RECORDS SHOWN:
-- ===== src/StepEngine/Retries.antt =====
-- packages/workflow/src/engine.ts: what `runStep` returns, over all its attempts.
use ai_orchestration.Prelude.{
  ℕ, zero, suc, ◌+◌, ◌<◌, ◌≤◌, String, Bool, true, false, ◌≡◌, refl, sym, subst, ◌∙◌, ap, ◌⊎◌, ◌↔◌,
  inl, inr, Option, none, some, leb, ◌==◌, Bool-cases, Option-cases, Thrown, ok, throw,
  Thrown-cases, ok-injective, arith,
}
use mathlib.Core.Option.{some-injective}
use ai_orchestration.Value.{Value, Fields, end}
use ai_orchestration.Workflow.{WorkflowStep, StepResult, StepStatus}
use ai_orchestration.StepExpr.Tokens.{ExpressionError}
use ai_orchestration.StepEngine.Interpolate.{interpolate_step}
use ai_orchestration.StepEngine.Attempts.{
  succeeded, failed, Attempt, Outcome, outcome, caught, awaited, max_attempts, attempt_from,
  run_step, succeeds, gives_up, after_failure, finish_attempt,
}

abbrev pub is_failure : Outcome → Bool
is_failure (outcome (succeeded _)) = false
is_failure _ = true

-- The next attempt is made only where some are left and the signal has not fired.
pub after_failure-cases :
    (a : Attempt) (is_last : Bool) (result : StepResult)
    (rest : Option (Thrown ExpressionError StepResult)) (ended : Thrown ExpressionError StepResult)
    → after_failure a is_last result rest ≡ some ended
    → (ok result ≡ ended)
      ⊎ ((a.aborted ≡ false) × (a.aborted_in_pause ≡ false) × (rest ≡ some ended))
after_failure-cases a is_last result rest ended h = elim (Bool-cases a.aborted) [
  | inl e ↦ inl (some-injective (ok result) ended (rw e at h))
  | inr e ↦ elim (Bool-cases is_last) [
    | inl l ↦ inl (some-injective (ok result) ended (rw (e, l) at h))
    | inr l ↦ elim (Bool-cases a.aborted_in_pause) [
      | inl q ↦ inl (some-injective (ok result) ended (rw (e, l, q) at h))
      | inr q ↦ inr (e, q, rw (e, l, q) at h)
    ]
  ]
]

module _ (json : Value → String) (step : WorkflowStep) (attempts : ℕ → Attempt)
    (started finished : ℕ) where
  -- An attempt whose executor is called and succeeds.
  pub record SucceedsAt (n : ℕ) (outputs : Option Fields) : Type 0 where
    pub ready : WorkflowStep
    pub interpolated : interpolate_step json (attempts n).context step ≡ ok ready
    pub ends : awaited step ((attempts n).executor ready) ≡ some (outcome (succeeded outputs))

  -- An attempt that fails and that the next one follows.
  pub record RetriesAt (n : ℕ) : Type 0 where
    pub ready : WorkflowStep
    pub interpolated : interpolate_step json (attempts n).context step ≡ ok ready
    pub ended : Outcome
    pub ends : awaited step ((attempts n).executor ready) ≡ some ended
    pub fails : is_failure ended ≡ true
    pub is_alive : (attempts n).aborted ≡ false
    pub is_alive_in_pause : (attempts n).aborted_in_pause ≡ false

  -- Of `left` attempts from `n` on, one succeeds, and those in front of it fail.
  abbrev pub FirstSuccess : (n left : ℕ) → Option Fields → Type 0
  FirstSuccess n left outputs =
      (m : ℕ) × (n ≤ m)
      × (m < n + left)
      × SucceedsAt m outputs
      × ((i : ℕ) → n ≤ i → i < m → RetriesAt i)

  -- A success with the outputs that the executor gave, or none.
  abbrev pub success_with : Option Fields → StepResult
  success_with outputs = record {
    step_id = step.id;
    status = StepStatus.succeeded;
    outputs = elim outputs [ none ↦ end | some given ↦ given ];
    error = none;
    started_at = some started;
    finished_at = some finished;
  }

  -- The loop returns a success only so.
  abbrev pub Returns : (n left : ℕ) → StepResult → Type 0
  Returns n left r =
      (outputs : Option Fields) × FirstSuccess n left outputs × (r ≡ success_with outputs)

  later :
      (n left : ℕ) (r : StepResult) → RetriesAt n → Returns (suc n) left r → Returns n (suc left) r
  later n left r here (outputs, (m, low, high, found, before), e) =
      (outputs, (m, omega (arith, low), omega (arith, high), found, all), e)
    where
      all : (i : ℕ) → n ≤ i → i < m → RetriesAt i
      all i le lt = elim (Bool-cases (n == i)) [
        | inl same ↦ subst RetriesAt (ground (arith, same)) here
        | inr other ↦ before i (ground (arith, other, le)) lt
      ]

  given_up-status :
      (error : Option String) (outputs : Fields) (r : StepResult)
      → gives_up json step attempts started finished error outputs ≡ r
      → r.status ≡ StepStatus.succeeded
      → ⊥
  unfolding gives_up
  given_up-status error outputs r e s =
      let q : StepStatus.failed ≡ StepStatus.succeeded = ap (λ (z : StepResult). z.status) e ∙ s in
      cc

  retried :
      (n left : ℕ) (ready : WorkflowStep) (o : Outcome) (r : StepResult) (error : Option String)
      (given : Fields) (rest : Option (Thrown ExpressionError StepResult))
      → interpolate_step json (attempts n).context step ≡ ok ready
      → awaited step ((attempts n).executor ready) ≡ some o
      → is_failure o ≡ true
      → (rest ≡ some (ok r) → Returns (suc n) left r)
      → after_failure
          (attempts n)
          (leb left 0)
          (gives_up json step attempts started finished error given)
          rest
        ≡ some (ok r)
      → r.status ≡ StepStatus.succeeded
      → Returns n (suc left) r
  retried n left ready o r error given rest i w f k h s =
      elim (after_failure-cases (attempts n) (leb left 0) _ rest (ok r) h) [
        | inl q ↦ absurd (given_up-status error given r (ok-injective q) s)
        | inr (alive, alive_in_pause, called) ↦
            later n left r
              (record {
                ready = ready;
                interpolated = i;
                ended = o;
                ends = w;
                fails = f;
                is_alive = alive;
                is_alive_in_pause = alive_in_pause;
              })
              (k called)
      ]

  finish_attempt-Returns :
      (n left : ℕ) (ready : WorkflowStep) (outputs : Fields) (o : Outcome) (r : StepResult)
      (rest : Option String → Fields → Option (Thrown ExpressionError StepResult))
      → interpolate_step json (attempts n).context step ≡ ok ready
      → awaited step ((attempts n).executor ready) ≡ some o
      → ((error : Option String) (given : Fields)
          → rest error given ≡ some (ok r)
          → Returns (suc n) left r)
      → finish_attempt json step attempts started finished (attempts n) (leb left 0) outputs o rest
        ≡ some (ok r)
      → r.status ≡ StepStatus.succeeded
      → Returns n (suc left) r
  unfolding finish_attempt succeeds
  finish_attempt-Returns n left ready outputs (outcome (succeeded given)) r rest i w k h s = (
    given,
    (
      n,
      omega arith,
      omega arith,
      record { ready = ready; interpolated = i; ends = w },
      λ j le lt. absurd (omega (arith, le, lt)),
    ),
    sym (ok-injective (some-injective _ _ h)),
  )
  finish_attempt-Returns n left ready outputs (outcome (failed given message)) r rest i w k h s =
      retried n left ready _ r message _ (rest message _) i w refl (k message _) h s
  finish_attempt-Returns n left ready outputs (caught message) r rest i w k h s =
      retried n left ready _ r (some message) outputs (rest (some message) outputs) i w refl
        (k (some message) outputs) h s

  attempt_from-Returns :
      (left n : ℕ) (error : Option String) (outputs : Fields) (r : StepResult)
      → attempt_from json step attempts started finished left n error outputs ≡ some (ok r)
      → r.status ≡ StepStatus.succeeded
      → Returns n left r
  unfolding attempt_from
  attempt_from-Returns zero n error outputs r h s =
      absurd (given_up-status error outputs r (ok-injective (some-injective _ _ h)) s)
  attempt_from-Returns (suc left) n error outputs r h s =
      elim (Thrown-cases (interpolate_step json (attempts n).context step)) [
        | inl (e, eq) ↦ absurd (thrown e (rw (eq, attempt_from) at h))
        | inr (ready, eq) ↦ elim (Option-cases (awaited step ((attempts n).executor ready))) [
          | inl hang ↦ absurd (hung (rw (eq, hang, attempt_from) at h))
          | inr (o, ends) ↦
              finish_attempt-Returns n left ready outputs o r _ eq ends
                (λ error given called. attempt_from-Returns left (suc n) error given r called s)
                (rw (eq, ends, attempt_from) at h) s
        ]
      ]
    where
      thrown :
          (e : ExpressionError)
          → ◌≡◌ {A = Option (Thrown ExpressionError StepResult)} (some (throw e)) (some (ok r))
          → ⊥
      thrown e q = cc

      hung : ◌≡◌ {A = Option (Thrown ExpressionError StepResult)} none (some (ok r)) → ⊥
      hung q = cc

  -- A failure that the next attempt follows.
  after_failure-goes_on :
      (n left : ℕ) (result : StepResult) (rest : Option (Thrown ExpressionError StepResult))
      → (attempts n).aborted ≡ false
      → (attempts n).aborted_in_pause ≡ false
      → 0 < left
      → after_failure (attempts n) (leb left 0) result rest ≡ rest
  after_failure-goes_on n left result rest a q l = rw (a, last, q) refl
    where
      last : leb left 0 ≡ false
      last = ground (arith, l)

  attempt_from-retried :
      (n left : ℕ) (error : Option String) (outputs : Fields)
      (ended : Option (Thrown ExpressionError StepResult))
      → RetriesAt n
      → 0 < left
      → ((message : Option String) (given : Fields)
          → attempt_from json step attempts started finished left (suc n) message given ≡ ended)
      → attempt_from json step attempts started finished (suc left) n error outputs ≡ ended
  unfolding attempt_from finish_attempt
  attempt_from-retried n left error outputs ended t l k =
      rw (t.interpolated, t.ends, attempt_from) (by_outcome t.ended t.fails)
    where
      rest : Option String → Fields → Option (Thrown ExpressionError StepResult)
      rest message given =
          attempt_from json step attempts started finished left (suc n) message given

      by_outcome :
          (o : Outcome)
          → is_failure o ≡ true
          → finish_attempt json step attempts started finished
              (attempts n)
              (leb left 0)
              outputs
              o
              rest
            ≡ ended
      by_outcome (outcome (succeeded _)) f = cc
      by_outcome (outcome (failed given message)) f =
          after_failure-goes_on n left _ _ t.is_alive t.is_alive_in_pause l ∙ k message _
      by_outcome (caught message) f =
          after_failure-goes_on n left _ _ t.is_alive t.is_alive_in_pause l
          ∙ k (some message) outputs

  attempt_from-FirstSuccess :
      (left n : ℕ) (error : Option String) (outputs : Fields) (given : Option Fields)
      → FirstSuccess n left given
      → attempt_from json step attempts started finished left n error outputs
        ≡ some (ok (success_with given))
  unfolding attempt_from finish_attempt succeeds
  attempt_from-FirstSuccess zero n error outputs given (m, low, high, found, before) =
      absurd (omega (arith, low, high))
  attempt_from-FirstSuccess (suc left) n error outputs given (m, low, high, found, before) =
      elim (Bool-cases (n == m)) [
        | inl same ↦
            let back : m ≡ n = ground (arith, same) in
            let here = subst (λ i. SucceedsAt i given) back found in
            rw (here.interpolated, here.ends, attempt_from) refl
        | inr other ↦
            attempt_from-retried n left error outputs _
              (before n (omega arith) (ground (arith, other, low)))
              (ground (arith, other, low, high))
              (λ message rest. attempt_from-FirstSuccess left (suc n) message rest given (
                m,
                ground (arith, other, low),
                omega (arith, high),
                found,
                λ i le lt. before i (omega (arith, le)) lt,
              ))
      ]

  -- A step returns a success exactly when one of its attempts succeeds, the first by the number of
  -- attempts allowed, and each attempt in front of that one fails without the signal having fired.
  -- The result is a success of the step, without an error, with the
  -- outputs that the executor gave in that attempt, or with none when it gave none.
  pub run_step-succeeded_iff :
      (r : StepResult)
      → ((run_step json step attempts started finished ≡ some (ok r))
          × (r.status ≡ StepStatus.succeeded))
        ↔ Returns 1 (max_attempts step) r
  unfolding run_step succeeds
  run_step-succeeded_iff r = (
    λ h. attempt_from-Returns (max_attempts step) 1 none end r h.0 h.1,
    λ (given, first, e). (
      attempt_from-FirstSuccess (max_attempts step) 1 none end given first
          ∙ ap (λ z. some (ok z)) (sym e),
      ap (λ (z : StepResult). z.status) e,
    ),
  )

TASK INSTRUCTIONS:
Only the lines from the one containing "attempt_from-FirstSuccess (max_attempts step)" through the end of the entries above belong in the answer; repeat them exactly.

TASK SOLUTION:
      attempt_from-FirstSuccess (max_attempts step) 1 none end given first
          ∙ ap (λ z. some (ok z)) (sym e),
      ap (λ (z : StepResult). z.status) e,
    ),
  )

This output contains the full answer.